Activity:
Each line of the listing that contains the word "bound" is to be copied.
···
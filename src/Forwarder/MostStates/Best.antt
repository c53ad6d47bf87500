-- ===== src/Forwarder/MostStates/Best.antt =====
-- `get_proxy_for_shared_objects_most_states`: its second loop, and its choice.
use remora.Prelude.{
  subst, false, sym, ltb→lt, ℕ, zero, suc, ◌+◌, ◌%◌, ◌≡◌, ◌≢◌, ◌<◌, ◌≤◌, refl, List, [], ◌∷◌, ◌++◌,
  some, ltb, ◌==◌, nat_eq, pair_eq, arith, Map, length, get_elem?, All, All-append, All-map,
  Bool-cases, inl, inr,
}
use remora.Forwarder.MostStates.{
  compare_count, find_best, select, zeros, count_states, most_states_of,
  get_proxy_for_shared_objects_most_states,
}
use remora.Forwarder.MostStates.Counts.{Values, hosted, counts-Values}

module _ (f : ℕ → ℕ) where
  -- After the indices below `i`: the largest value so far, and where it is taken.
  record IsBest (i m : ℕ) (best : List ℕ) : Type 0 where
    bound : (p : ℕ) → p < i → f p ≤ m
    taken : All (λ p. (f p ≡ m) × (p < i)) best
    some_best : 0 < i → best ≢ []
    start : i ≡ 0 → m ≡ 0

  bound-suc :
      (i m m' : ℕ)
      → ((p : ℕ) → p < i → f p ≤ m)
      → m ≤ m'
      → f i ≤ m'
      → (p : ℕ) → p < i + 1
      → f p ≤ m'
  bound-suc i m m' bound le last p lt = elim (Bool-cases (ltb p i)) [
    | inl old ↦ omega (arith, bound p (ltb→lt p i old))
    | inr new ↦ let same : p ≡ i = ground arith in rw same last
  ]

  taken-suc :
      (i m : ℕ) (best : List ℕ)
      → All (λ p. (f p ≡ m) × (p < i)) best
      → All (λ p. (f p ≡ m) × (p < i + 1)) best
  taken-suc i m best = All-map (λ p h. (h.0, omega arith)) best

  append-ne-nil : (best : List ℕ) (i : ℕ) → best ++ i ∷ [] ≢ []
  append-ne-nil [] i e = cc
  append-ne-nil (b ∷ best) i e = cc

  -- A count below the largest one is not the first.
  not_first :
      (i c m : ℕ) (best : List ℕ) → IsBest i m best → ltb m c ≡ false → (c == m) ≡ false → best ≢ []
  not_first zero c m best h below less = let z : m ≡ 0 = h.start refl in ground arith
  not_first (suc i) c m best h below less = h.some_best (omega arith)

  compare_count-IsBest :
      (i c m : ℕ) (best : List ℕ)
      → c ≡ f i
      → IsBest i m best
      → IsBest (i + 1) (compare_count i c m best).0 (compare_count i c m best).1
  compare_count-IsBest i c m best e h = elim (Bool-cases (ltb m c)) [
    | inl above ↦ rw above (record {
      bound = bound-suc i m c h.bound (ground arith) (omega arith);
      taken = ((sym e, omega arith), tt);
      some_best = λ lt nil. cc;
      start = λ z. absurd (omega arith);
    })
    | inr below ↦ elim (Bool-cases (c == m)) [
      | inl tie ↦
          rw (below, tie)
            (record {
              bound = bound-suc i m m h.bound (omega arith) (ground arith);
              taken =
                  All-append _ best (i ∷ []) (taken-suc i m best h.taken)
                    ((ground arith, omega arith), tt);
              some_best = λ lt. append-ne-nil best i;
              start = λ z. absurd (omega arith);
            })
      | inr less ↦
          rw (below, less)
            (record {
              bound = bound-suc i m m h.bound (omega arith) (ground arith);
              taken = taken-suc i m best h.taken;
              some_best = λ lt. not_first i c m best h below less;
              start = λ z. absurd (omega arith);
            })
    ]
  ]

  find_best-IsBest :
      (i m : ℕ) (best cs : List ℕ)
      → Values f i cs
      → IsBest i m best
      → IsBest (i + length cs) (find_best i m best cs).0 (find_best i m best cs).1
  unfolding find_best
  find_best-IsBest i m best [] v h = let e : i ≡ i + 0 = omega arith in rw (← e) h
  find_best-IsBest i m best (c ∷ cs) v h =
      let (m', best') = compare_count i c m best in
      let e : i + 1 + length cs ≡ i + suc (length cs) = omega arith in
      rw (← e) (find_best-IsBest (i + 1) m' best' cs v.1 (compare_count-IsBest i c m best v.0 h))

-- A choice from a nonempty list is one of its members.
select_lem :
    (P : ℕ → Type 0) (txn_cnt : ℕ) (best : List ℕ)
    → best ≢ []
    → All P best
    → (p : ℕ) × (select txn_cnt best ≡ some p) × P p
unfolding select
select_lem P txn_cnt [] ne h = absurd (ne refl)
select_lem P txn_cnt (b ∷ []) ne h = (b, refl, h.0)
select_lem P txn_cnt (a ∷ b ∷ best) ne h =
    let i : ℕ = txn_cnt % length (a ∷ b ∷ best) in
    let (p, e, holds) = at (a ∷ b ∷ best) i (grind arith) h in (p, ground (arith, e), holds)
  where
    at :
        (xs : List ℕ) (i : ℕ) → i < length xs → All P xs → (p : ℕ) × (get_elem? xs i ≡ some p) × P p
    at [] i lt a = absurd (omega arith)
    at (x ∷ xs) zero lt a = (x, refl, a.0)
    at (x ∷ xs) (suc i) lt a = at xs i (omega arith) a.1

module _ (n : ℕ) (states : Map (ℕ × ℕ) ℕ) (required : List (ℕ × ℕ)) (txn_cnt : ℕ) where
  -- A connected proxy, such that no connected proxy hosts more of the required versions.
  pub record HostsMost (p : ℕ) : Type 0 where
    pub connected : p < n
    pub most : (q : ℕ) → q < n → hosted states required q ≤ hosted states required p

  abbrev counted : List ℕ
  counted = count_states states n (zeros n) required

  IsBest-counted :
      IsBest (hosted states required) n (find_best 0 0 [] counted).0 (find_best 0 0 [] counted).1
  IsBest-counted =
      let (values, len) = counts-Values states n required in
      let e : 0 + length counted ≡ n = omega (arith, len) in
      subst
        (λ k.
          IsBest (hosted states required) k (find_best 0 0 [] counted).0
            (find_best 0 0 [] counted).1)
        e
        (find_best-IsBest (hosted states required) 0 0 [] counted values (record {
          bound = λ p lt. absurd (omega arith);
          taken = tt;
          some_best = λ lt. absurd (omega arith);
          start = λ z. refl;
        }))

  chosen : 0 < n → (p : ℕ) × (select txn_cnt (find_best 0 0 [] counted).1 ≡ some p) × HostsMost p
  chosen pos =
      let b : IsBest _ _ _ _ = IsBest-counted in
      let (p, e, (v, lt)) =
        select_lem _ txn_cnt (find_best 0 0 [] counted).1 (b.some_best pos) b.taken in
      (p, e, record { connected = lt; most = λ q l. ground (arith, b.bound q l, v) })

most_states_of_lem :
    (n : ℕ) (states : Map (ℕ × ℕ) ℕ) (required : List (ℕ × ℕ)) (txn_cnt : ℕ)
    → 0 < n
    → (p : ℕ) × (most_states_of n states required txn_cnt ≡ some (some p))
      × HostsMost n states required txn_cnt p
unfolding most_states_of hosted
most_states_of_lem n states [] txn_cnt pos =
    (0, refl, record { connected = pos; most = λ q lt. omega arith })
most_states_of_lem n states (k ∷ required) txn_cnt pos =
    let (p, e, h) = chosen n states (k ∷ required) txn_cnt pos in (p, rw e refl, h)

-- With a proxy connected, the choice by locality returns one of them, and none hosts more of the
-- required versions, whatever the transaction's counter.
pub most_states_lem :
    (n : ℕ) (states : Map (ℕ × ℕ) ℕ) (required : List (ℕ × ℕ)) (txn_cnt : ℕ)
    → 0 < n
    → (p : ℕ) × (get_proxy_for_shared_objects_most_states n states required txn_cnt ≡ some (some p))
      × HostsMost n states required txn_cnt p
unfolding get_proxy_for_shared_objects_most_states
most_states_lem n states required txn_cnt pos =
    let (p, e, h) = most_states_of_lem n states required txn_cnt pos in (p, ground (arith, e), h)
···
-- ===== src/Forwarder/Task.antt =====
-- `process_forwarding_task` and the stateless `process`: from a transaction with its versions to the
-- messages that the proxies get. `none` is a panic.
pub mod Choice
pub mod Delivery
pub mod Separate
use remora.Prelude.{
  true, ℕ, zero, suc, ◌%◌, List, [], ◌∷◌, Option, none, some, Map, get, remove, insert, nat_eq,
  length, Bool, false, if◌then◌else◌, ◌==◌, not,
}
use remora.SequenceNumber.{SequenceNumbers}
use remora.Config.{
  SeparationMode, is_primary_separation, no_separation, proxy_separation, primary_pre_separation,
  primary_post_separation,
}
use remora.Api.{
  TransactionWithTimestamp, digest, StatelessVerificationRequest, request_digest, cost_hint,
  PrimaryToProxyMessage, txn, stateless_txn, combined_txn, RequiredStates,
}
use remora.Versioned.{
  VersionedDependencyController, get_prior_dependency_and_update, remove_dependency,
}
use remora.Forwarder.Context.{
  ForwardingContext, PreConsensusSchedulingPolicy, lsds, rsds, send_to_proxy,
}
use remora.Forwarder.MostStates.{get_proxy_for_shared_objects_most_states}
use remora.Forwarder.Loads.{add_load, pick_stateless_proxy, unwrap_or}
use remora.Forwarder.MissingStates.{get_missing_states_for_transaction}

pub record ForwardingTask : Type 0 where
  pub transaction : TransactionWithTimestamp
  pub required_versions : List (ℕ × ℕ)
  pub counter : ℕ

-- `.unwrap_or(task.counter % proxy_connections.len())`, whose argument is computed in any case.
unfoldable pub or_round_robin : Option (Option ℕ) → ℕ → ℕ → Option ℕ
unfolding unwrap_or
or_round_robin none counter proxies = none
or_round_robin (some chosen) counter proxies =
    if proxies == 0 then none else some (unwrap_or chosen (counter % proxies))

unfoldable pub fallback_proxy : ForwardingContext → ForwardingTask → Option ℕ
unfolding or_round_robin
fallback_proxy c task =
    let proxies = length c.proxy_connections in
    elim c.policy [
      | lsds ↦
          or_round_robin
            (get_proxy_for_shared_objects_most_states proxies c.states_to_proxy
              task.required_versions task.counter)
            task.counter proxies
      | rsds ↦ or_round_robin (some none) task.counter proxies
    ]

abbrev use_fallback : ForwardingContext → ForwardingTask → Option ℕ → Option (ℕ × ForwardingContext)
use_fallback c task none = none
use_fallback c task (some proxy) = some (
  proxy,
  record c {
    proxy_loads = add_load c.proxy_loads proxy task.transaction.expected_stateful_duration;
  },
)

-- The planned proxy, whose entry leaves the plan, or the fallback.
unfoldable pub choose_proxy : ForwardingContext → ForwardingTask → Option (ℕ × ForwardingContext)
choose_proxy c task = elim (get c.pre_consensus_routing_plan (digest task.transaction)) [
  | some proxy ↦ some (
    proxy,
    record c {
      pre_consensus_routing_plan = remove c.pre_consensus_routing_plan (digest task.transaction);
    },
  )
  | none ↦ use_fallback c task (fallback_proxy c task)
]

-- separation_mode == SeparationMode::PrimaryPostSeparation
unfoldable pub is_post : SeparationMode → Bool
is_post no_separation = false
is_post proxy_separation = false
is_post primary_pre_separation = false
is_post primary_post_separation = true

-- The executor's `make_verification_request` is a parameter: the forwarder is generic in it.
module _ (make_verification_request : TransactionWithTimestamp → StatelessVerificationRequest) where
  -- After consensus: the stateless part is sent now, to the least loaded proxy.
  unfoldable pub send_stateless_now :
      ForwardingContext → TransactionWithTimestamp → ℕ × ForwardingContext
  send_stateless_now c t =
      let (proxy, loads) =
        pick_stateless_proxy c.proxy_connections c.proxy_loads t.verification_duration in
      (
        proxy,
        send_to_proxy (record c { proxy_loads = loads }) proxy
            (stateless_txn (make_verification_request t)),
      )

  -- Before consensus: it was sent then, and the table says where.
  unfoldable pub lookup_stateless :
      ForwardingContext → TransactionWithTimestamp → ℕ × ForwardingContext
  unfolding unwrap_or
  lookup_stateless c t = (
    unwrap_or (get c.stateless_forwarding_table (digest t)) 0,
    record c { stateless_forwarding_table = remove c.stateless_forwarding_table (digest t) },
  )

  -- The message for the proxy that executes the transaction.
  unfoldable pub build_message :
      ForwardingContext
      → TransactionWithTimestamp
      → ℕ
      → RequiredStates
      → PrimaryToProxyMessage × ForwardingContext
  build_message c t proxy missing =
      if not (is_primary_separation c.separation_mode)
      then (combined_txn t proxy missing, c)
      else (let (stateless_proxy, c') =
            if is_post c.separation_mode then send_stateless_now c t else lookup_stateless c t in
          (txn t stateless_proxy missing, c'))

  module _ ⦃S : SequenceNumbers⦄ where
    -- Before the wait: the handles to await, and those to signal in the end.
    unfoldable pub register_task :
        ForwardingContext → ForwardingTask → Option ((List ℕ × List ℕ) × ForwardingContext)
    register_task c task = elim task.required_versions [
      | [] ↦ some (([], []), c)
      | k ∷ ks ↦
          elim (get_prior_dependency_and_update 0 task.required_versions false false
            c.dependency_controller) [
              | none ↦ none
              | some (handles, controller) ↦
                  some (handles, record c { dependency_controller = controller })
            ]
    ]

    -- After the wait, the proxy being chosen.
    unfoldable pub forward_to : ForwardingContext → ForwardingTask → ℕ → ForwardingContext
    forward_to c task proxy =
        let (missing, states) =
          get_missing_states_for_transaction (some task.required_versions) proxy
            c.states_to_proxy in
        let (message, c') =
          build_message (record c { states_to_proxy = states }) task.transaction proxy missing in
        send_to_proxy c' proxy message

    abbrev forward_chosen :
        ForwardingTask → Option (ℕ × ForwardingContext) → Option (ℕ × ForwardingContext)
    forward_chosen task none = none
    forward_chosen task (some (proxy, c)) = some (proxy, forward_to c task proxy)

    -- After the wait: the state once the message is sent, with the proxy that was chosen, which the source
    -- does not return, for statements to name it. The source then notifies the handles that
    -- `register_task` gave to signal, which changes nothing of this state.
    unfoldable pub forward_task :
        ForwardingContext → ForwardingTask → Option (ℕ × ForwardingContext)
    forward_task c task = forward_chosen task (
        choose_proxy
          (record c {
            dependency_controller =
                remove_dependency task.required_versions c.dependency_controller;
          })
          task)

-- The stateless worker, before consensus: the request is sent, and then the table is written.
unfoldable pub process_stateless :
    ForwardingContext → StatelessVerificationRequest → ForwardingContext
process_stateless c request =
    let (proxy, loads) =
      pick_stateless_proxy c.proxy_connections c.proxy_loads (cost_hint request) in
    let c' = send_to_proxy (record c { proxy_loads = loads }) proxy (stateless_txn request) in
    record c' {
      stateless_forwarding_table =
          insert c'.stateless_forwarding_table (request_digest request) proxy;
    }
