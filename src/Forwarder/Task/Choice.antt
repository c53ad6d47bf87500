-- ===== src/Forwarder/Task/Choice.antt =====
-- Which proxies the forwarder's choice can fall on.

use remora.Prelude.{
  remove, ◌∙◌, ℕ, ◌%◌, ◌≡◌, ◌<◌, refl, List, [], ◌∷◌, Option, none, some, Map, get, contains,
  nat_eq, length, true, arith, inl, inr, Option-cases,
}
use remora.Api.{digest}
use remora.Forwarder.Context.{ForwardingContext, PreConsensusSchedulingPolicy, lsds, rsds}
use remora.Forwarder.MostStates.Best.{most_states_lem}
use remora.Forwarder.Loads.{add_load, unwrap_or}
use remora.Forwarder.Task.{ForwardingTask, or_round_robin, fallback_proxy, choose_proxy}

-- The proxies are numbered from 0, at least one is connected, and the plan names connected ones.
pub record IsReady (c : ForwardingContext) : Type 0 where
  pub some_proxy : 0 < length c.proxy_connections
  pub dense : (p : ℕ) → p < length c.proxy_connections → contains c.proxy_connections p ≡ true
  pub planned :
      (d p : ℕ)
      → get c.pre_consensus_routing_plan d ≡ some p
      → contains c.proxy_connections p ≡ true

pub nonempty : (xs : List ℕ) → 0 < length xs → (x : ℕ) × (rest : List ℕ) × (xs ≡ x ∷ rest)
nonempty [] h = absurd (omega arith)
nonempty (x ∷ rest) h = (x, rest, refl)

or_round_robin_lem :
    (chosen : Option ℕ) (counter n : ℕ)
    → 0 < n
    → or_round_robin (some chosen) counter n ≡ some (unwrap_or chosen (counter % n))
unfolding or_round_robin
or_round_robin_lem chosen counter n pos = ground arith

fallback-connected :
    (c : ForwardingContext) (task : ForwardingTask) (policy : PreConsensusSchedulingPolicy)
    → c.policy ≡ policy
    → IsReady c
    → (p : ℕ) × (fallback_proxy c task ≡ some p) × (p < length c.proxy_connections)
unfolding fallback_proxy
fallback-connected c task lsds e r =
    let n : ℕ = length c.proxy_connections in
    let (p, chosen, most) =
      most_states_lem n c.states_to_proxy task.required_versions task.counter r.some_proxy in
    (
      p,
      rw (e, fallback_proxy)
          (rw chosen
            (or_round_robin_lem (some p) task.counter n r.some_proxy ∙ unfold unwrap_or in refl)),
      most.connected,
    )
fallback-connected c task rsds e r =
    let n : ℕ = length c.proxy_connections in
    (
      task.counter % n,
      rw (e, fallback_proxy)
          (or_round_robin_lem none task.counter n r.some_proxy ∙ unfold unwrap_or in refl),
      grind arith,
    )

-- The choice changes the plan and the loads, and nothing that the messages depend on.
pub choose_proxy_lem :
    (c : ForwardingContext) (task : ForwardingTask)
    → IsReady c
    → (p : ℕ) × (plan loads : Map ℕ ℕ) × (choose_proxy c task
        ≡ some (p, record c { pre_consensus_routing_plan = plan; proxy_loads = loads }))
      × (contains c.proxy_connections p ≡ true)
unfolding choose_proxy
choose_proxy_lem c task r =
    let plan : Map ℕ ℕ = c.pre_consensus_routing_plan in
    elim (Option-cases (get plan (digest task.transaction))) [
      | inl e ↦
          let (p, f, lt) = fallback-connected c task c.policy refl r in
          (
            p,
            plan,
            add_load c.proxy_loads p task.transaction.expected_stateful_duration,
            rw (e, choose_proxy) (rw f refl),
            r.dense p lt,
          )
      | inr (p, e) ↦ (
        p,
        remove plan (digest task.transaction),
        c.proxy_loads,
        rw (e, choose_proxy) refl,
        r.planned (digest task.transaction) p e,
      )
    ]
···
Task answer:
    bound : (p : ℕ) → p < i → f p ≤ m
  bound-suc :
  bound-suc i m m' bound le last p lt = elim (Bool-cases (ltb p i)) [
    | inl old ↦ omega (arith, bound p (ltb→lt p i old))
      bound = bound-suc i m c h.bound (ground arith) (omega arith);
              bound = bound-suc i m m h.bound (omega arith) (ground arith);
              bound = bound-suc i m m h.bound (omega arith) (ground arith);
          bound = λ p lt. absurd (omega arith);
      (p, e, record { connected = lt; most = λ q l. ground (arith, b.bound q l, v) })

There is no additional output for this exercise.